Combining the TyG index and CD4+ T cell count helps identify high-risk HIV patients with sepsis for early mortality prediction.

## Contribution

This study introduces a combined TyG-CD4 stratification method for improved risk prediction in HIV-associated sepsis.

## Key findings

- Low CD4+ and high TyG groups showed the highest 28-day mortality rates.
- Combined TyG-CD4 was identified as an important predictor by the Boruta algorithm.
- Cytokine profiles varied significantly among risk groups, indicating distinct inflammatory responses.

## Abstract

Sepsis contributes to global mortality due to chronic immunodeficiency and metabolic disturbances, particularly in those infected with the human immunodeficiency virus (HIV). The TyG index and CD4+ T-cell count individually predict sepsis outcomes, but reflect different biological aspects. The benefit of integrating these markers for risk stratification in patients with HIV-associated sepsis remains unclear. This study aimed to assess whether combining the TyG index, a surrogate for insulin resistance, with CD4+ T cell count enhanced early prediction of 28-day mortality risk in adults hospitalized with HIV-associated sepsis.

Clinical data were retrospectively collected from patients admitted to the Eighth Affiliated Hospital of Guangzhou Medical University. The participants were stratified into four risk categories according to their TyG index and CD4+ T cell count. The primary outcome was 28-day all-cause mortality, and secondary outcomes were 7-day and in-hospital all-cause mortality. Survival across strata was compared using the Kaplan–Meier analysis and the log-rank test; associations were determined using multivariate Cox proportional hazards models. Independent predictors of death were ranked using the Boruta feature selection algorithm. In a nested sub-cohort of 155 patients, plasma concentrations of 13 inflammatory cytokines were quantified using the LEGENDplex Human Inflammation Panel 1.
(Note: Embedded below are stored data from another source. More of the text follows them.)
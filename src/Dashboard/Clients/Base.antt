-- ===== src/Dashboard/Clients/Base.antt =====
-- The constants and helpers of scripts/build_openwrt_clients_dashboard.py.
use openwrt_grafana_monitor.Prelude.{List, [], suc, zero, ℕ, ◌++◌, ◌∷◌}
use openwrt_grafana_monitor.Text.{Text, codes, lower}
use openwrt_grafana_monitor.Dashboard.Json.{Json, dict, list, lit, str, ◌⇒◌}
use openwrt_grafana_monitor.Dashboard.Styles.{prom_filter}

abbrev pub client_filter : Text
client_filter =
    prom_filter ++ codes ", connection=~\"$connection\", network=~\"$network\", mac=~\"$mac\""

abbrev pub wifi_client_filter : Text
wifi_client_filter =
    prom_filter ++ codes ", connection=\"wifi\", network=~\"$network\", mac=~\"$mac\""

-- One `label_replace` of `lowercase_mac_label`, which turns one capital to a small letter.
abbrev lower_step : Text → Text → Text → Text → Text
lower_step label upper lower lowered =
    codes "label_replace("
    ++ (lowered
        ++ (codes ", \""
            ++ (label
                ++ (codes "\", \"${1}"
                    ++ (lower
                        ++ (codes "${2}\", \""
                            ++ (label
                                ++ (codes "\", \"([^"
                                    ++ (upper
                                        ++ (codes "]*)" ++ (upper ++ codes "(.*)\")")))))))))))

-- `for _ in range(n)`
unfoldable pub lower_times : ℕ → Text → Text → Text → Text → Text
lower_times zero label upper lower lowered = lowered
lower_times (suc n) label upper lower lowered =
    lower_times n label upper lower (lower_step label upper lower lowered)

abbrev hex_letters : List (Text × Text)
hex_letters =
    (codes "A", codes "a")
    ∷ (codes "B", codes "b")
    ∷ (codes "C", codes "c")
    ∷ (codes "D", codes "d")
    ∷ (codes "E", codes "e")
    ∷ (codes "F", codes "f")
    ∷ []

unfoldable pub lower_letters : List (Text × Text) → Text → Text → Text
unfolding lower_times
lower_letters [] label lowered = lowered
lower_letters ((upper, lower) ∷ rest) label lowered =
    lower_letters rest label (lower_times 12 label upper lower lowered)

unfoldable pub lowercase_mac_label : Text → Text → Text
unfolding lower_letters
lowercase_mac_label expr label = lower_letters hex_letters label expr

abbrev pub hostapd_signal : Text
hostapd_signal =
    lowercase_mac_label
      (codes "label_replace(hostapd_station_signal_dbm{"
        ++ (prom_filter ++ codes "}, \"mac\", \"$1\", \"station\", \"(.+)\")"))
      (codes "mac")

abbrev pub client_wifi_signal : Text
client_wifi_signal =
    lowercase_mac_label (codes "wifi_station_signal_dbm{" ++ (prom_filter ++ codes "}"))
      (codes "mac")

abbrev pub client_wifi_signal_raw : Text
client_wifi_signal_raw =
    hostapd_signal
    ++ (codes " or ("
        ++ (client_wifi_signal
            ++ (codes " unless on(job, router) " ++ (hostapd_signal ++ codes ")"))))

abbrev pub wifi_signal_by_mac : Text
wifi_signal_by_mac = codes "max by(mac) (" ++ (client_wifi_signal_raw ++ codes ")")

abbrev pub flow_offload_enabled : Text
flow_offload_enabled =
    codes "(max(openwrt_flow_offload_enabled{" ++ (prom_filter ++ codes "}) == 1)")

abbrev pub traffic_available : Text
traffic_available =
    codes "(max(openwrt_client_traffic_collector_available{"
    ++ (prom_filter ++ codes "}) or vector(0))")

abbrev pub traffic_accounting_state : Text
traffic_accounting_state =
    codes "((("
    ++ (traffic_available
        ++ (codes " == 1) unless on() "
            ++ (flow_offload_enabled
                ++ (codes ") * 0 + 1) or ("
                    ++ (flow_offload_enabled ++ codes " * 0 + 2) or vector(0)")))))

abbrev pub conntrack_available : Text
conntrack_available =
    codes "(max(openwrt_client_conntrack_collector_available{"
    ++ (prom_filter ++ codes "}) or vector(0))")

abbrev pub conntrack_state : Text
conntrack_state =
    codes "((("
    ++ (conntrack_available
        ++ (codes " == 1) unless on() "
            ++ (flow_offload_enabled
                ++ (codes ") * 0 + 1) or ("
                    ++ (flow_offload_enabled ++ codes " * 0 + 2) or vector(0)")))))

abbrev pub assoc_events_available : Text
assoc_events_available =
    codes "(max(openwrt_wifi_assoc_events_collector_available{"
    ++ (prom_filter ++ codes "}) or vector(0))")

unfoldable pub trusted_traffic : Text → Text
trusted_traffic expr = codes "(" ++ (expr ++ (codes ") unless on() " ++ flow_offload_enabled))

unfoldable pub trusted_conntrack : Text → Text
trusted_conntrack expr = codes "(" ++ (expr ++ (codes ") unless on() " ++ flow_offload_enabled))

abbrev pub traffic_in : Text
traffic_in = trusted_traffic (
    codes "sum by(mac) (rate(openwrt_client_bytes_total{"
    ++ (prom_filter ++ codes ", direction=\"in\"}[$__rate_interval]))"))

abbrev pub traffic_out : Text
traffic_out = trusted_traffic (
    codes "sum by(mac) (rate(openwrt_client_bytes_total{"
    ++ (prom_filter ++ codes ", direction=\"out\"}[$__rate_interval]))"))

abbrev pub traffic_service : Text
traffic_service = trusted_traffic (
    codes "sum by(service, direction) (rate(openwrt_client_bytes_total{"
    ++ (prom_filter ++ codes "}[$__rate_interval]))"))

unfoldable pub field_override : Text → List Json → Json
field_override name properties = dict (
    "matcher" ⇒ dict ("id" ⇒ lit "byName" ∷ "options" ⇒ str name ∷ [])
    ∷ "properties" ⇒ list properties
    ∷ [])

unfoldable pub regexp_override : Text → List Json → Json
regexp_override pattern_text properties = dict (
    "matcher" ⇒ dict ("id" ⇒ lit "byRegexp" ∷ "options" ⇒ str pattern_text ∷ [])
    ∷ "properties" ⇒ list properties
    ∷ [])

unfoldable pub availability_expr : Text → Text → Text
availability_expr metric_name [] =
    codes "max(" ++ (metric_name ++ (codes "{" ++ (prom_filter ++ codes "}) or vector(0)")))
availability_expr metric_name (c ∷ cs) =
    let collector = c ∷ cs in
    codes "(max("
    ++ (metric_name
        ++ (codes "{"
            ++ (prom_filter
                ++ (codes "}) * max(node_scrape_collector_success{"
                    ++ (prom_filter
                        ++ (codes ", collector=\""
                            ++ (collector ++ codes "\"})) or vector(0)")))))))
Among 1,278 patients with HIV-associated sepsis, 847 had CD4 counts <50 cells/μL. The Kaplan–Meier analysis revealed progressively higher 7-day and 28-day all-cause mortality rates across these strata, with the highest mortality in the low CD4+ and high TyG groups. A multivariable Cox regression analysis, adjusted for multiple covariates, indicated an elevated risk of 28-day mortality in patients with low CD4 and high TyG compared to those with high CD4 and low TyG. Similar trends were observed for 7-day and in-hospital mortality. The Boruta algorithm identified combined TyG-CD4 as an important predictor. The immunological sub-study demonstrated significant differences in cytokine profiles among the risk groups, with the low CD4 and high TyG groups exhibiting a specific inflammatory response.
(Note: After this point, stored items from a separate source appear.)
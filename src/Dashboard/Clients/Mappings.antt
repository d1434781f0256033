-- ===== src/Dashboard/Clients/Mappings.antt =====
-- The value mappings of scripts/build_openwrt_clients_dashboard.py.
use openwrt_grafana_monitor.Prelude.{List, [], ◌∷◌}
use openwrt_grafana_monitor.Dashboard.Json.{Json, dict, lit, number, ◌⇒◌}

abbrev pub client_status_mappings : List Json
client_status_mappings =
    (dict (
      "type" ⇒ (lit "value")
      ∷ "options" ⇒ (
          dict (
            "1" ⇒ (
              dict ("text" ⇒ (lit "Online") ∷ "color" ⇒ (lit "green") ∷ "index" ⇒ (number 0) ∷ []))
            ∷ []))
      ∷ []))
    ∷ (dict (
        "type" ⇒ (lit "value")
        ∷ "options" ⇒ (
            dict (
              "0" ⇒ (
                dict
                  ("text" ⇒ (lit "Offline") ∷ "color" ⇒ (lit "gray") ∷ "index" ⇒ (number 1) ∷ []))
              ∷ []))
        ∷ []))
    ∷ (dict (
        "type" ⇒ (lit "special")
        ∷ "options" ⇒ (
            dict (
              "match" ⇒ (lit "null")
              ∷ "result" ⇒ (
                  dict (
                    "text" ⇒ (lit "Unavailable")
                    ∷ "color" ⇒ (lit "gray")
                    ∷ "index" ⇒ (number 2)
                    ∷ []))
              ∷ []))
        ∷ []))
    ∷ []

abbrev pub truncation_mappings : List Json
truncation_mappings =
    (dict (
      "type" ⇒ (lit "value")
      ∷ "options" ⇒ (
          dict (
            "0" ⇒ (
              dict
                ("text" ⇒ (lit "Complete") ∷ "color" ⇒ (lit "green") ∷ "index" ⇒ (number 0) ∷ []))
            ∷ []))
      ∷ []))
    ∷ (dict (
        "type" ⇒ (lit "value")
        ∷ "options" ⇒ (
            dict (
              "1" ⇒ (
                dict
                  ("text" ⇒ (lit "Truncated") ∷ "color" ⇒ (lit "red") ∷ "index" ⇒ (number 1) ∷ []))
              ∷ []))
        ∷ []))
    ∷ (dict (
        "type" ⇒ (lit "special")
        ∷ "options" ⇒ (
            dict (
              "match" ⇒ (lit "null")
              ∷ "result" ⇒ (
                  dict (
                    "text" ⇒ (lit "Not collected")
                    ∷ "color" ⇒ (lit "gray")
                    ∷ "index" ⇒ (number 2)
                    ∷ []))
              ∷ []))
        ∷ []))
    ∷ []

abbrev pub offload_mappings : List Json
offload_mappings =
    (dict (
      "type" ⇒ (lit "value")
      ∷ "options" ⇒ (
          dict (
            "0" ⇒ (
              dict (
                "text" ⇒ (lit "Accounting OK")
                ∷ "color" ⇒ (lit "green")
                ∷ "index" ⇒ (number 0)
                ∷ []))
            ∷ []))
      ∷ []))
    ∷ (dict (
        "type" ⇒ (lit "value")
        ∷ "options" ⇒ (
            dict (
              "1" ⇒ (
                dict (
                  "text" ⇒ (lit "Accounting unreliable")
                  ∷ "color" ⇒ (lit "red")
                  ∷ "index" ⇒ (number 1)
                  ∷ []))
              ∷ []))
        ∷ []))
    ∷ (dict (
        "type" ⇒ (lit "special")
        ∷ "options" ⇒ (
            dict (
              "match" ⇒ (lit "null")
              ∷ "result" ⇒ (
                  dict (
                    "text" ⇒ (lit "Unavailable")
                    ∷ "color" ⇒ (lit "gray")
                    ∷ "index" ⇒ (number 2)
                    ∷ []))
              ∷ []))
        ∷ []))
    ∷ []

abbrev pub traffic_state_mappings : List Json
traffic_state_mappings =
    (dict (
      "type" ⇒ (lit "value")
      ∷ "options" ⇒ (
          dict (
            "0" ⇒ (
              dict (
                "text" ⇒ (lit "Not collected")
                ∷ "color" ⇒ (lit "gray")
                ∷ "index" ⇒ (number 0)
                ∷ []))
            ∷ []))
      ∷ []))
    ∷ (dict (
        "type" ⇒ (lit "value")
        ∷ "options" ⇒ (
            dict (
              "1" ⇒ (
                dict (
                  "text" ⇒ (lit "Accounting active")
                  ∷ "color" ⇒ (lit "green")
                  ∷ "index" ⇒ (number 1)
                  ∷ []))
              ∷ []))
        ∷ []))
    ∷ (dict (
        "type" ⇒ (lit "value")
        ∷ "options" ⇒ (
            dict (
              "2" ⇒ (
                dict (
                  "text" ⇒ (lit "Accounting unreliable - flow offload enabled")
                  ∷ "color" ⇒ (lit "red")
                  ∷ "index" ⇒ (number 2)
                  ∷ []))
              ∷ []))
        ∷ []))
    ∷ (dict (
        "type" ⇒ (lit "special")
        ∷ "options" ⇒ (
            dict (
              "match" ⇒ (lit "null")
              ∷ "result" ⇒ (
                  dict (
                    "text" ⇒ (lit "Not collected")
                    ∷ "color" ⇒ (lit "gray")
                    ∷ "index" ⇒ (number 3)
                    ∷ []))
              ∷ []))
        ∷ []))
    ∷ []

abbrev pub conntrack_state_mappings : List Json
conntrack_state_mappings =
    (dict (
      "type" ⇒ (lit "value")
      ∷ "options" ⇒ (
          dict (
            "0" ⇒ (
              dict (
                "text" ⇒ (lit "Not collected")
                ∷ "color" ⇒ (lit "gray")
                ∷ "index" ⇒ (number 0)
                ∷ []))
            ∷ []))
      ∷ []))
    ∷ (dict (
        "type" ⇒ (lit "value")
        ∷ "options" ⇒ (
            dict (
              "1" ⇒ (
                dict (
                  "text" ⇒ (lit "Current table measured")
                  ∷ "color" ⇒ (lit "green")
                  ∷ "index" ⇒ (number 1)
                  ∷ []))
              ∷ []))
        ∷ []))
    ∷ (dict (
        "type" ⇒ (lit "value")
        ∷ "options" ⇒ (
            dict (
              "2" ⇒ (
                dict (
                  "text" ⇒ (lit "Unavailable - flow offload semantics unverified")
                  ∷ "color" ⇒ (lit "red")
                  ∷ "index" ⇒ (number 2)
                  ∷ []))
              ∷ []))
        ∷ []))
    ∷ []

abbrev pub ipv6_mappings : List Json
ipv6_mappings =
    (dict (
      "type" ⇒ (lit "value")
      ∷ "options" ⇒ (
          dict (
            "0" ⇒ (dict ("text" ⇒ (lit "No") ∷ "color" ⇒ (lit "gray") ∷ "index" ⇒ (number 0) ∷ []))
            ∷ []))
      ∷ []))
    ∷ (dict (
        "type" ⇒ (lit "value")
        ∷ "options" ⇒ (
            dict (
              "1"
                ⇒ (dict ("text" ⇒ (lit "Yes") ∷ "color" ⇒ (lit "blue") ∷ "index" ⇒ (number 1) ∷ []))
              ∷ []))
        ∷ []))
    ∷ []

abbrev pub local_mac_mappings : List Json
local_mac_mappings =
    (dict (
      "type" ⇒ (lit "value")
      ∷ "options" ⇒ (
          dict (
            "0" ⇒ (
              dict ("text" ⇒ (lit "Global") ∷ "color" ⇒ (lit "green") ∷ "index" ⇒ (number 0) ∷ []))
            ∷ []))
      ∷ []))
    ∷ (dict (
        "type" ⇒ (lit "value")
        ∷ "options" ⇒ (
            dict (
              "1" ⇒ (
                dict (
                  "text" ⇒ (lit "Randomized/local")
                  ∷ "color" ⇒ (lit "orange")
                  ∷ "index" ⇒ (number 1)
                  ∷ []))
              ∷ []))
        ∷ []))
    ∷ []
A combined TyG-CD4 assessment provides a rapid and straightforward means of integrating metabolic and immunological insights to identify high-risk individuals early, thereby generating hypotheses for future trials of personalized therapeutic strategies.
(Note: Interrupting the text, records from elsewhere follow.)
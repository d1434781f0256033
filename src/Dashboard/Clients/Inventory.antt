-- ===== src/Dashboard/Clients/Inventory.antt =====
-- Panels of the tab "Clients" of `build_dashboard`, scripts/build_openwrt_clients_dashboard.py.
use openwrt_grafana_monitor.Prelude.{List, [], false, negsuc, none, pos, some, true, ◌++◌, ◌∷◌}
use openwrt_grafana_monitor.Text.{codes}
use openwrt_grafana_monitor.Dashboard.Styles.{gray, green, prom_filter, thresholds}
use openwrt_grafana_monitor.Dashboard.Json.{dict, int, list, lit, number, str, ◌⇒◌}
use openwrt_grafana_monitor.Dashboard.Panels.Values.{bargauge}
use openwrt_grafana_monitor.Dashboard.Clients.Base.{
  client_filter, field_override, regexp_override, traffic_accounting_state, traffic_in, traffic_out,
  trusted_conntrack, wifi_client_filter, wifi_signal_by_mac,
}
use openwrt_grafana_monitor.Dashboard.Panels.Series.{timeseries}
use openwrt_grafana_monitor.Dashboard.Clients.Mappings.{
  client_status_mappings, ipv6_mappings, traffic_state_mappings,
}
use openwrt_grafana_monitor.Dashboard.Queries.{organize, prom_query, sort_by, tf}
use openwrt_grafana_monitor.Dashboard.Panels.Tables.{table}
use openwrt_grafana_monitor.Dashboard.Assemble.{Placement, on_grid}

unfoldable pub client_clients : List Placement
client_clients =
    on_grid
      (some (
        table (pos 100) (codes "Client Inventory")
          ((prom_query (codes "openwrt_client_info{" ++ (client_filter ++ codes "}")) [] (codes "A")
              (codes "table") true)
            ∷ (prom_query (codes "openwrt_client_up{" ++ (prom_filter ++ codes "}")) [] (codes "B")
                (codes "table") true)
            ∷ (prom_query wifi_signal_by_mac [] (codes "C") (codes "table") true)
            ∷ (prom_query
                (codes "openwrt_client_lease_expiry_seconds{"
                  ++ (prom_filter ++ codes "} - time()"))
                [] (codes "D") (codes "table") true)
            ∷ (prom_query (codes "openwrt_client_ipv6_addresses{" ++ (prom_filter ++ codes "}")) []
                (codes "E") (codes "table") true)
            ∷ (prom_query traffic_in [] (codes "F") (codes "table") true)
            ∷ (prom_query traffic_out [] (codes "G") (codes "table") true)
            ∷ (prom_query
                (codes "openwrt_client_info{"
                  ++ (client_filter
                      ++ (codes "} * 0 + on() group_left() ("
                          ++ (traffic_accounting_state ++ codes ")"))))
                [] (codes "H") (codes "table") true)
            ∷ (prom_query
                (trusted_conntrack
                  (codes "openwrt_client_conntrack_entries{" ++ (prom_filter ++ codes "}")))
                [] (codes "I") (codes "table") true)
            ∷ [])
          (codes
            "One row per openwrt_client_info client. Traffic is nlbwmon per-MAC accounting; the state column is explicit when collection is absent or flow offload makes conntrack accounting unreliable.")
          (some (
            (tf (codes "joinByField")
              (some ("byField" ⇒ (lit "mac") ∷ "mode" ⇒ (lit "outer") ∷ [])))
            ∷ (organize
                (some (
                  (codes "Time")
                  ∷ (codes "__name__")
                  ∷ (codes "Value #A")
                  ∷ (codes "cluster")
                  ∷ (codes "endpoint")
                  ∷ (codes "instance")
                  ∷ (codes "job")
                  ∷ (codes "namespace")
                  ∷ (codes "prometheus")
                  ∷ (codes "prometheus_replica")
                  ∷ (codes "service")
                  ∷ []))
                (some (
                  "hostname" ⇒ (lit "Hostname")
                  ∷ "mac" ⇒ (lit "MAC")
                  ∷ "ip" ⇒ (lit "IP")
                  ∷ "router" ⇒ (lit "Router")
                  ∷ "ap" ⇒ (lit "AP")
                  ∷ "ssid" ⇒ (lit "SSID")
                  ∷ "band" ⇒ (lit "Band")
                  ∷ "connection" ⇒ (lit "Connection")
                  ∷ "network" ⇒ (lit "Network")
                  ∷ "mac_type" ⇒ (lit "MAC Type")
                  ∷ "has_ipv6" ⇒ (lit "IPv6")
                  ∷ "ifname" ⇒ (lit "Interface")
                  ∷ "static" ⇒ (lit "Static")
                  ∷ "Value #B" ⇒ (lit "Status")
                  ∷ "Value #C" ⇒ (lit "Signal dBm")
                  ∷ "Value #D" ⇒ (lit "Lease Remaining")
                  ∷ "Value #E" ⇒ (lit "IPv6 Count")
                  ∷ "Value #F" ⇒ (lit "Inbound")
                  ∷ "Value #G" ⇒ (lit "Outbound")
                  ∷ "Value #H" ⇒ (lit "Traffic Accounting")
                  ∷ "Value #I" ⇒ (lit "Conntrack Entries")
                  ∷ []))
                (some (
                  "Hostname" ⇒ (number 0)
                  ∷ "MAC" ⇒ (number 1)
                  ∷ "IP" ⇒ (number 2)
                  ∷ "Router" ⇒ (number 3)
                  ∷ "AP" ⇒ (number 4)
                  ∷ "SSID" ⇒ (number 5)
                  ∷ "Band" ⇒ (number 6)
                  ∷ "Connection" ⇒ (number 7)
                  ∷ "Network" ⇒ (number 8)
                  ∷ "MAC Type" ⇒ (number 9)
                  ∷ "IPv6" ⇒ (number 10)
                  ∷ "IPv6 Count" ⇒ (number 11)
                  ∷ "Status" ⇒ (number 12)
                  ∷ "Signal dBm" ⇒ (number 13)
                  ∷ "Lease Remaining" ⇒ (number 14)
                  ∷ "Inbound" ⇒ (number 15)
                  ∷ "Outbound" ⇒ (number 16)
                  ∷ "Traffic Accounting" ⇒ (number 17)
                  ∷ "Conntrack Entries" ⇒ (number 18)
                  ∷ "Interface" ⇒ (number 19)
                  ∷ "Static" ⇒ (number 20)
                  ∷ [])))
            ∷ (sort_by (codes "Hostname") false)
            ∷ []))
          (some (
            (field_override (codes "Status") (
              (dict (
                "id" ⇒ (lit "custom.cellOptions")
                ∷ "value" ⇒ (dict ("type" ⇒ (lit "color-background") ∷ []))
                ∷ []))
              ∷ (dict ("id" ⇒ (lit "mappings") ∷ "value" ⇒ (list client_status_mappings) ∷ []))
              ∷ []))
            ∷ (field_override (codes "Signal dBm") (
                (dict ("id" ⇒ (lit "unit") ∷ "value" ⇒ (lit "dBm") ∷ []))
                ∷ (dict (
                    "id" ⇒ (lit "custom.cellOptions")
                    ∷ "value" ⇒ (dict ("type" ⇒ (lit "color-background") ∷ []))
                    ∷ []))
                ∷ (dict (
                    "id" ⇒ (lit "thresholds")
                    ∷ "value" ⇒ (
                        thresholds (
                          (codes "red", int (negsuc 89))
                          ∷ (codes "yellow", int (negsuc 69))
                          ∷ (codes "green", int (negsuc 59))
                          ∷ []))
                    ∷ []))
                ∷ (dict (
                    "id" ⇒ (lit "mappings")
                    ∷ "value" ⇒ (
                        list (
                          (dict (
                            "type" ⇒ (lit "special")
                            ∷ "options" ⇒ (
                                dict (
                                  "match" ⇒ (lit "null")
                                  ∷ "result" ⇒ (
                                      dict (
                                        "text" ⇒ (lit "Unavailable")
                                        ∷ "color" ⇒ (lit "gray")
                                        ∷ "index" ⇒ (number 0)
                                        ∷ []))
                                  ∷ []))
                            ∷ []))
                          ∷ []))
                    ∷ []))
                ∷ []))
            ∷ (field_override (codes "Lease Remaining") (
                (dict ("id" ⇒ (lit "unit") ∷ "value" ⇒ (lit "s") ∷ []))
                ∷ (dict (
                    "id" ⇒ (lit "mappings")
                    ∷ "value" ⇒ (
                        list (
                          (dict (
                            "type" ⇒ (lit "special")
                            ∷ "options" ⇒ (
                                dict (
                                  "match" ⇒ (lit "null")
                                  ∷ "result" ⇒ (
                                      dict (
                                        "text" ⇒ (lit "No lease")
                                        ∷ "color" ⇒ (lit "gray")
                                        ∷ "index" ⇒ (number 0)
                                        ∷ []))
                                  ∷ []))
                            ∷ []))
                          ∷ []))
                    ∷ []))
                ∷ []))
            ∷ (regexp_override (codes "/Inbound|Outbound/") (
                (dict ("id" ⇒ (lit "unit") ∷ "value" ⇒ (lit "Bps") ∷ []))
                ∷ (dict (
                    "id" ⇒ (lit "mappings")
                    ∷ "value" ⇒ (
                        list (
                          (dict (
                            "type" ⇒ (lit "special")
                            ∷ "options" ⇒ (
                                dict (
                                  "match" ⇒ (lit "null")
                                  ∷ "result" ⇒ (
                                      dict (
                                        "text" ⇒ (lit "Unavailable or unreliable")
                                        ∷ "color" ⇒ (lit "gray")
                                        ∷ "index" ⇒ (number 0)
                                        ∷ []))
                                  ∷ []))
                            ∷ []))
                          ∷ []))
                    ∷ []))
                ∷ []))
            ∷ (field_override (codes "Traffic Accounting") (
                (dict (
                  "id" ⇒ (lit "custom.cellOptions")
                  ∷ "value" ⇒ (dict ("type" ⇒ (lit "color-background") ∷ []))
                  ∷ []))
                ∷ (dict ("id" ⇒ (lit "mappings") ∷ "value" ⇒ (list traffic_state_mappings) ∷ []))
                ∷ []))
            ∷ (field_override (codes "IPv6")
                ((dict ("id" ⇒ (lit "mappings") ∷ "value" ⇒ (list ipv6_mappings) ∷ [])) ∷ []))
            ∷ []))
          (some (codes "Hostname")) false))
      0 0 24 14
    ∷ on_grid
        (some (
          timeseries (pos 101) (codes "WiFi Signal by Client")
            ((prom_query
                (wifi_signal_by_mac
                  ++ (codes " * on(mac) group_left(hostname, ssid, band) openwrt_client_info{"
                      ++ (wifi_client_filter ++ codes "}")))
                (codes "{{hostname}} {{ssid}} {{band}}") (codes "A") (codes "time_series") false)
              ∷ [])
            (codes "dBm")
            (codes
              "WiFi client RSSI joined to client identity after normalizing upstream station MAC labels to lowercase. Empty means no WiFi signal collector sample exists for the selected client.")
            false (pos 15) (codes "linear") none
            (some (
              thresholds (
                (codes "red", int (negsuc 89))
                ∷ (codes "yellow", int (negsuc 69))
                ∷ (codes "green", int (negsuc 59))
                ∷ [])))
            (some ((codes "lastNotNull") ∷ (codes "min") ∷ [])) (codes "normal") none))
        0 14 12 8
    ∷ on_grid
        (bargauge (pos 102) (codes "Weakest Associated Clients")
          ((prom_query
              (codes "bottomk(10, "
                ++ (wifi_signal_by_mac
                    ++ (codes " * on(mac) group_left(hostname, ssid, band) openwrt_client_info{"
                        ++ (wifi_client_filter ++ codes "})"))))
              (codes "{{hostname}} {{ssid}} {{band}}") (codes "A") (codes "time_series") false)
            ∷ [])
          (codes "dBm") (codes "Bottom-10 current WiFi RSSI values. Less negative is better.")
          (codes "neutral") none none (codes "thresholds") none none false)
        12 14 12 8
    ∷ on_grid
        (some (
          timeseries (pos 103) (codes "Client Presence")
            ((prom_query
                (codes "sum(openwrt_client_up{"
                  ++ (prom_filter
                      ++ (codes "} * on(mac) group_left(connection, network) openwrt_client_info{"
                          ++ (client_filter ++ codes "})"))))
                (codes "Online") (codes "A") (codes "time_series") false)
              ∷ (prom_query
                  (codes "count(openwrt_client_info{"
                    ++ (client_filter
                        ++ (codes "}) - sum(openwrt_client_up{"
                            ++ (prom_filter
                                ++ (codes
                                      "} * on(mac) group_left(connection, network) openwrt_client_info{"
                                    ++ (client_filter ++ codes "})"))))))
                  (codes "Offline") (codes "B") (codes "time_series") false)
              ∷ [])
            (codes "none")
            (codes
              "Online and offline client inventory trend. Offline clients still appear in the inventory when the router knows about them.")
            false (pos 15) (codes "linear")
            (some (
              (field_override (codes "Online") (
                (dict (
                  "id" ⇒ (lit "color")
                  ∷ "value" ⇒ (dict ("mode" ⇒ (lit "fixed") ∷ "fixedColor" ⇒ (str green) ∷ []))
                  ∷ []))
                ∷ []))
              ∷ (field_override (codes "Offline") (
                  (dict (
                    "id" ⇒ (lit "color")
                    ∷ "value" ⇒ (dict ("mode" ⇒ (lit "fixed") ∷ "fixedColor" ⇒ (str gray) ∷ []))
                    ∷ []))
                  ∷ []))
              ∷ []))
            none none (codes "normal") none))
        0 22 12 7
    ∷ on_grid
        (bargauge (pos 104) (codes "Randomized / Local MACs")
          ((prom_query
              (codes "count by(mac_type) (openwrt_client_info{"
                ++ (client_filter ++ codes "}) or vector(0)"))
              (codes "{{mac_type}}") (codes "A") (codes "time_series") false)
            ∷ [])
          (codes "none")
          (codes
            "Locally administered MACs are privacy/randomized or synthetic addresses; the dashboard surfaces them without trying to fingerprint a physical device.")
          (codes "neutral") none none (codes "thresholds")
          (some ((tf (codes "labelsToFields") none) ∷ [])) none false)
        12 22 12 7
    ∷ on_grid
        (some (
          timeseries (pos 105) (codes "Highest Conntrack Occupancy")
            ((prom_query
                (trusted_conntrack (
                  codes "topk(12, openwrt_client_conntrack_entries{"
                  ++ (prom_filter
                      ++ (codes "} * on(mac) group_left(hostname, network) openwrt_client_info{"
                          ++ (client_filter ++ codes "})")))))
                (codes "{{hostname}} {{network}}") (codes "A") (codes "time_series") false)
              ∷ [])
            (codes "none")
            (codes
              "Current conntrack rows containing each known client IPv4 address. This is a bounded per-client state count; it is suppressed while flow-offload entry semantics remain unverified.")
            false (pos 15) (codes "linear") none none
            (some ((codes "lastNotNull") ∷ (codes "max") ∷ [])) (codes "normal") none))
        0 29 24 8
    ∷ []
Figure created with BioRender.com.Flowchart illustrating a study on cohort extraction, clinical feature comparison, cytokine profiling, and risk groups. The process involves extracting HIV-specific and general clinical features from a cohort of 1,278 participants. Clinical stratification is categorized by CD4 and TyG index, compared through mortality and survival analysis. Cytokine profiling involves plasma collection, flow cytometry, and data visualization. Risk groups are associated with functions like anti-inflammatory and metabolism regulation. The chart suggests that TyG and CD4 T-cell stratification aids in identifying high-risk patients.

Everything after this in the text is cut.